‘Silicon Valley Hippies Destroying Music’: U2 Manager Misses The Point Entirely
Following on from the Qtrax debacle, we now have more hilarity from the MIDEM conference. This time it comes from Paul McGuinness, who has managed U2 very successfully for 30 years. His speech titled “The Online Bonanza: Who is making all the money and why aren’t they sharing it?” has been covered elsewhere, but I thought it was worth dissecting somewhat.
In a scathing attack on technology companies and ISPs at the MIDEM conference in Cannes, he begins with an insight into the root causes of the record industry’s woes:
It’s interesting to look at the character of the individuals who built the industries that resulted from the arrival of the microprocessor. Most of them came out of the so-called counterculture on the west coast of America. Their values were hippy values…. And embedded deep down in the brilliance of those entrepreneurial, hippy values seems to be a disregard for the true value of music.
Um. OK. He carries on.
So what has gone wrong with the recorded music business? More people are listening to music than ever before through many more media than ever before. Part of the problem is that the record companies, through lack of foresight and poor planning, allowed an entire collection of digital industries to arise that enabled the consumer to steal with impunity the very recorded music that had previously been paid for.

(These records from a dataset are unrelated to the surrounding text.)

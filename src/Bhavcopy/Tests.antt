-- ===== src/Bhavcopy/Tests.antt =====
-- Tests and instances of packages/providers/bhavcopy.py and apps/worker/bhavcopy.py at a small file.
use meraipo.Prelude.{ℕ, ◌+◌, ◌≡◌, refl, true, false, none, some, List, [], ◌∷◌, length, All}
use meraipo.Schedule.Slots.{nse}
use meraipo.Bhavcopy.Fields.{Line, Row, Reject, decimal, blank, eq_series, Field}
use meraipo.Bhavcopy.Parse.{parse}
use meraipo.Bhavcopy.Parse.Unique.{rows_of, is_scanned, IsAlone, parse_unique}
use meraipo.Bhavcopy.Matching.{Company, preview, Matched}
use meraipo.Bhavcopy.Matching.Counted.{preview_conserves}
use meraipo.Bhavcopy.Closes.{
  Close, Snapshot, empty_snapshot, new_import, import_rows, refresh_summary, values_of,
  same_exchange, shows_other,
}
use meraipo.Bhavcopy.Source.{
  Given, storage_error, Tables, downloaded, success, is_complete, process_source,
}
use meraipo.Bhavcopy.Source.Retained.{IsRetained, process_source-IsRetained, scheduled_source_once}
use meraipo.Bhavcopy.Closes.Kept.{Grows, version_of, import_keeps}
use meraipo.Bhavcopy.Closes.Summary.{Shows, own_closes, refresh_summary-Shows}

-- A line of day 20 on the NSE, for a security and its closing price.
abbrev line_of : ℕ → Field → Line
line_of isin close = record {
  intact = true;
  trade_date = some 20;
  source = some nse;
  cash_market = true;
  isin = isin;
  isin_valid = true;
  symbol = isin + 100;
  security_id = some 3;
  series = eq_series;
  stock = true;
  first_session = true;
  opening = blank;
  high = decimal 125 1;
  low = decimal 115 1;
  close = close;
  previous_close = blank;
  volume = decimal 7 0;
}

-- Security 1 twice, security 2 once, and security 3 with a close above its highest price.
abbrev lines : List Line
lines =
    line_of 1 (decimal 12 0)
    ∷ line_of 2 (decimal 12 0)
    ∷ line_of 1 (decimal 121 1)
    ∷ line_of 3 (decimal 13 0)
    ∷ []

abbrev row : Row
row = record {
  line = 3;
  isin = 2;
  symbol = 102;
  security_id = 3;
  series = eq_series;
  prices = record {
    opening = none;
    high = some 125000;
    low = some 115000;
    close = 120000;
    previous_close = none;
    volume = some 7;
  };
}

accepted_rows : rows_of (parse true nse 20 lines) ≡ row ∷ []
unfolding parse meraipo.Bhavcopy.Parse.scan_lines meraipo.Bhavcopy.Parse.file_error
    meraipo.Bhavcopy.Fields.judge meraipo.Bhavcopy.Fields.read_price
    meraipo.Bhavcopy.Fields.read_volume
accepted_rows = refl

file_accepted : is_scanned (parse true nse 20 lines) ≡ true
unfolding parse meraipo.Bhavcopy.Parse.scan_lines meraipo.Bhavcopy.Parse.file_error
    meraipo.Bhavcopy.Fields.judge meraipo.Bhavcopy.Fields.read_price
    meraipo.Bhavcopy.Fields.read_volume
file_accepted = refl

parse_unique_example :
    All (IsAlone (rows_of (parse true nse 20 lines))) (rows_of (parse true nse 20 lines))
parse_unique_example = parse_unique true nse 20 lines

abbrev companies : List Company
companies =
    record { id = 50; isin = some 2; listed = true; is_demo = false }
    ∷ record { id = 51; isin = some 9; listed = true; is_demo = false }
    ∷ []

preview_conserves_example :
    length (preview nse companies [] (row ∷ []) [] 4).matched
      + (preview nse companies [] (row ∷ []) [] 4).unmatched
      + length (preview nse companies [] (row ∷ []) [] 4).errors
    ≡ 1
preview_conserves_example = preview_conserves nse companies [] (row ∷ []) [] 4

abbrev rows : List Matched
rows = record { company = 50; row = row } ∷ []

abbrev close : Close
close = record { company = 50; exchange = nse; trade_date = 20; values = values_of row; file = 8 }

-- The close as an earlier file had it.
abbrev early_close : Close
early_close = record close {
  file = 7;
  values = record close.values { prices = record close.values.prices { volume = some 1 } };
}

import_keeps_example :
    let t = import_rows nse 20 8 (early_close ∷ []) rows (new_import (early_close ∷ []) []) in
    Grows 1 (new_import (early_close ∷ []) []) t × (t.revisions ≡ version_of early_close ∷ [])
import_keeps_example = import_keeps nse 20 8 (early_close ∷ []) [] rows

abbrev chart : Snapshot
chart = record {
  cmp = some 120000;
  ath = some 125000;
  high_52w = some 125000;
  low_52w = some 115000;
  price_date = some 20;
  closing_exchange = some nse;
  previous_close = none;
}

refreshed : refresh_summary nse 50 (close ∷ []) (some chart) ≡ some chart
unfolding refresh_summary meraipo.Bhavcopy.Closes.summarise
refreshed = refl

refresh_summary-Shows_example : Shows chart (own_closes nse 50 (close ∷ []))
refresh_summary-Shows_example = refresh_summary-Shows nse 50 (close ∷ []) chart chart refl refreshed

-- A scheduled run for day 20, a Saturday without a special session; and one for day 22.
abbrev given : Given
given = record {
  now = 9000;
  scheduled = true;
  upload = none;
  source = record {
    enabled = true;
    valid_url = true;
    calendar = record {
      calendar_year = 1;
      calendar_source = true;
      holidays = [];
      special_sessions = [];
    };
  };
  answer = downloaded (record { columns = true; lines = lines });
  storable = true;
  break_off = none;
}

abbrev tables : Tables
tables = record {
  files =
      record {
        id = 8;
        exchange = nse;
        trade_date = 22;
        status = success;
        error = none;
        retry_at = none;
        imported_at = some 8000;
      }
      ∷ [];
  closes = close ∷ [];
  revisions = [];
  companies = companies;
  identifiers = [];
}

-- An upload of the day's file whose import breaks off after the first row.
abbrev broken_off : Given
broken_off = record given {
  upload = some (record {
    available = true;
    same_checksum = true;
    content = record { columns = true; lines = lines };
  });
  break_off = some (1, storage_error);
}

not_imported : is_complete (process_source broken_off 9 nse 20 tables).file.status ≡ false
unfolding process_source meraipo.Bhavcopy.Source.decide meraipo.Bhavcopy.Source.import_file
    meraipo.Bhavcopy.Parse.parse meraipo.Bhavcopy.Parse.scan_lines meraipo.Bhavcopy.Parse.file_error
    meraipo.Bhavcopy.Fields.judge meraipo.Bhavcopy.Fields.read_price
    meraipo.Bhavcopy.Fields.read_volume
not_imported = refl

process_source-IsRetained_example : IsRetained tables (process_source broken_off 9 nse 20 tables)
process_source-IsRetained_example =
    process_source-IsRetained broken_off 9 nse 20 tables not_imported

scheduled_source_once_example : IsRetained tables (process_source given 9 nse 22 tables)
scheduled_source_once_example = scheduled_source_once given 9 nse 22 tables refl refl refl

The industry missed the boat on the possibilities of digital reproduction and distribution of their content, though it’s not immediately clear which industries he means. Napster?
However he continues
Today, there’s a bigger issue and it’s about the whole relationship between the music and the technology business. Network operators, in particular, have for too long had a free ride on music – on our clients’ content. It’s time for a new approach - time for ISPs to start taking responsibility for the content they’ve profited from for years.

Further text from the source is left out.